La situazione è ancora recuperabile prendendo uno in panchina che sappia fare il suo lavoro, mettere in campo gli uomini giusti e gestire queste situazioni.

Se affonderemo col mediocre Pioli ce lo saremo andati a cercare.


----------



## Lambro (26 Febbraio 2021)

Più che punti in canna le canne dovremo iniziare a farcele noi per sopportare la visione di questa squadra.


----------



## A.C Milan 1899 (26 Febbraio 2021)

Lambro ha scritto:


> Più che punti in canna le canne dovremo iniziare a farcele noi per sopportare la visione di questa squadra.

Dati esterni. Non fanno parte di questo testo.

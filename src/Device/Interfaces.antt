-- ===== src/Device/Interfaces.antt =====
-- ifNumber, ifTable and ifXTable: firmware/components/mib/mib_iftable.c.
use wespe.Prelude.{ℕ, ◌||◌, Option, none, some, List, [], ◌∷◌, ◌==◌, if◌then◌else◌}
use wespe.Ber.Types.{
  tag_integer, tag_octet_string, tag_gauge32, tag_timeticks, tag_counter32, tag_counter64,
}
use wespe.Mib.Types.{MibResult, Access, Getter, Object, Column, Table}
use wespe.Mib.Registry.{Registry, register_module, register_table}
use wespe.Hal.Interfaces.{Hal}
use wespe.Device.Types.{Device, with_integer, with_octets}

abbrev pub if_index_sta : ℕ
if_index_sta = 1

abbrev pub oid_if_number : List ℕ
oid_if_number = 1 ∷ 3 ∷ 6 ∷ 1 ∷ 2 ∷ 1 ∷ 2 ∷ 1 ∷ 0 ∷ []

abbrev pub if_table_entry_oid : List ℕ
if_table_entry_oid = 1 ∷ 3 ∷ 6 ∷ 1 ∷ 2 ∷ 1 ∷ 2 ∷ 2 ∷ 1 ∷ []

abbrev pub ifx_table_entry_oid : List ℕ
ifx_table_entry_oid = 1 ∷ 3 ∷ 6 ∷ 1 ∷ 2 ∷ 1 ∷ 31 ∷ 1 ∷ 1 ∷ 1 ∷ []

-- "wifi0 (ESP32-S3 WiFi Station)"
abbrev pub if_descr_text : List ℕ
if_descr_text =
    119 ∷ 105 ∷ 102 ∷ 105 ∷ 48 ∷ 32 ∷ 40 ∷ 69 ∷ 83 ∷ 80 ∷ 51 ∷ 50 ∷ 45 ∷ 83 ∷ 51 ∷ 32 ∷ 87 ∷ 105
    ∷ 70 ∷ 105 ∷ 32 ∷ 83 ∷ 116 ∷ 97 ∷ 116 ∷ 105 ∷ 111 ∷ 110 ∷ 41 ∷ []

-- "wifi0"
abbrev pub if_name_text : List ℕ
if_name_text = 119 ∷ 105 ∷ 102 ∷ 105 ∷ 48 ∷ []

abbrev ro_column : ℕ → ℕ → Column
ro_column number tag = record { number = number; value_tag = tag; access = Access.ro }

abbrev pub iftable_columns : List Column
iftable_columns =
    ro_column 1 tag_integer
    ∷ ro_column 2 tag_octet_string
    ∷ ro_column 3 tag_integer
    ∷ ro_column 4 tag_integer
    ∷ ro_column 5 tag_gauge32
    ∷ ro_column 6 tag_octet_string
    ∷ ro_column 7 tag_integer
    ∷ ro_column 8 tag_integer
    ∷ ro_column 9 tag_timeticks
    ∷ ro_column 10 tag_counter32
    ∷ ro_column 16 tag_counter32
    ∷ []

abbrev pub ifxtable_columns : List Column
ifxtable_columns =
    ro_column 1 tag_octet_string ∷ ro_column 6 tag_counter64 ∷ ro_column 10 tag_counter64 ∷ []

module _ {H : Type 0} where
  unfoldable pub get_if_number : Getter (Device H)
  get_if_number d vb = (MibResult.ok, with_integer 1 vb, d)

  -- Exactly one row.
  abbrev pub if_first_index : Device H → Option ℕ
  if_first_index d = some if_index_sta

  abbrev pub if_next_index : Device H → ℕ → Option ℕ
  if_next_index d current_index = none

  unfoldable pub ifxtable_get_cell : ℕ → ℕ → Getter (Device H)
  ifxtable_get_cell column index d vb =
      if column == 1
      then (MibResult.ok, with_octets if_name_text vb, d)
      else if column == 6 || column == 10
      then (MibResult.ok, record vb { value_tag = tag_counter64; counter64_value = 0 }, d)
      else (MibResult.gen_err, vb, d)

  abbrev pub iftable_scalars : List (Object (Device H))
  iftable_scalars =
      record {
        oid = oid_if_number;
        value_tag = tag_integer;
        access = Access.ro;
        getter = get_if_number;
        setter = none;
      }
      ∷ []

  abbrev pub ifxtable : Table (Device H)
  ifxtable = record {
    entry_oid = ifx_table_entry_oid;
    columns = ifxtable_columns;
    first_index = if_first_index;
    next_index = if_next_index;
    get_cell = ifxtable_get_cell;
    set_cell = none;
  }

module _ {H : Type 0} (hal : Hal H) where
  -- The cells that ask a driver.
  unfoldable pub get_phys_address : Getter (Device H)
  get_phys_address d vb = elim (hal.wifi_mac d.hardware) [
    | none ↦ (MibResult.gen_err, vb, d)
    | some mac ↦ (MibResult.ok, with_octets mac vb, d)
  ]

  unfoldable pub get_last_change : Getter (Device H)
  get_last_change d vb =
      let (ticks, hardware) = hal.wifi_last_change_ticks d.hardware in
      (
        MibResult.ok,
        record vb { value_tag = tag_timeticks; int_value = ticks },
        record d { hardware = hardware },
      )

  unfoldable pub iftable_get_cell : ℕ → ℕ → Getter (Device H)
  unfolding get_phys_address get_last_change
  iftable_get_cell column index d vb =
      if column == 1
      then (MibResult.ok, with_integer if_index_sta vb, d)
      else if column == 2
      then (MibResult.ok, with_octets if_descr_text vb, d)
      else if column == 3
      then (MibResult.ok, with_integer 71 vb, d)
      else if column == 4
      then (MibResult.ok, with_integer 1500 vb, d)
      else if column == 5
      then (MibResult.ok, record vb { value_tag = tag_gauge32; int_value = 72200000 }, d)
      else if column == 6
      then get_phys_address d vb
      else if column == 7
      then (MibResult.ok, with_integer 1 vb, d)
      else if column == 8
      then (MibResult.ok, with_integer (if hal.wifi_oper_up d.hardware then 1 else 2) vb, d)
      else if column == 9
      then get_last_change d vb
      else if column == 10 || column == 16
      then (MibResult.ok, record vb { value_tag = tag_counter32; int_value = 0 }, d)
      else (MibResult.gen_err, vb, d)

  abbrev pub iftable : Table (Device H)
  iftable = record {
    entry_oid = if_table_entry_oid;
    columns = iftable_columns;
    first_index = if_first_index;
    next_index = if_next_index;
    get_cell = iftable_get_cell;
    set_cell = none;
  }

  unfoldable pub mib_iftable_register : Registry (Device H) → Registry (Device H)
  mib_iftable_register reg =
      let with_scalars = (register_module iftable_scalars reg).0 in
      let with_iftable = (register_table iftable with_scalars).0 in
      (register_table ifxtable with_iftable).0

Ci vuole qualcosa di più radicale della paglia, tipo il Crystal Meth.


----------



## Lambro (26 Febbraio 2021)

A.C Milan 1899 ha scritto:


> Ci vuole qualcosa di più radicale della paglia, tipo il Crystal Meth.



Chiama Heisenberg


----------



## A.C Milan 1899 (26 Febbraio 2021)

Lambro ha scritto:


> Chiama Heisenberg



Ehm... è il mio fornitore...


----------



## Lineker10 (26 Febbraio 2021)

A.C Milan 1899 ha scritto:


> Beh ma parliamoci chiaramente Lineker, se facessimo la miseria di 73 punti dopo un girone d’andata da 43 *meriteremmo* di arrivare quinti.
> 
> Perché un girone da 30 punti (su 57 disponibili in un intero girone, quindi poco più della metà) con questa squadra sarebbe assolutamente inaccettabile. Li ha fatti il Verona, 30 punti in 19 partite all’andata, giusto per essere chiari. 30 punti non sarebbero accettabili nemmeno se giocassimo con 5 titolari di media fuori fino a fine stagione come fatto all’andata, figuriamoci se (come sembra) dalla prossima in poi riavremo più o meno tutti.



Si ritorna alla discussione di qualche settimana fa. Come vedi la flessione che stiamo vivendo lo avevamo previsto, pure se speravamo di non doverlo fare (almeno io).

Adesso ci mancano circa 7 vittorie su tredici partite (avendo 49 punti) per arrivare a giocarci punto punto la qualificazione CL, piu o meno. A quel punto, le rimanenti sarebbero decisive e la differenza tra un pareggio e una sconfitta fatale.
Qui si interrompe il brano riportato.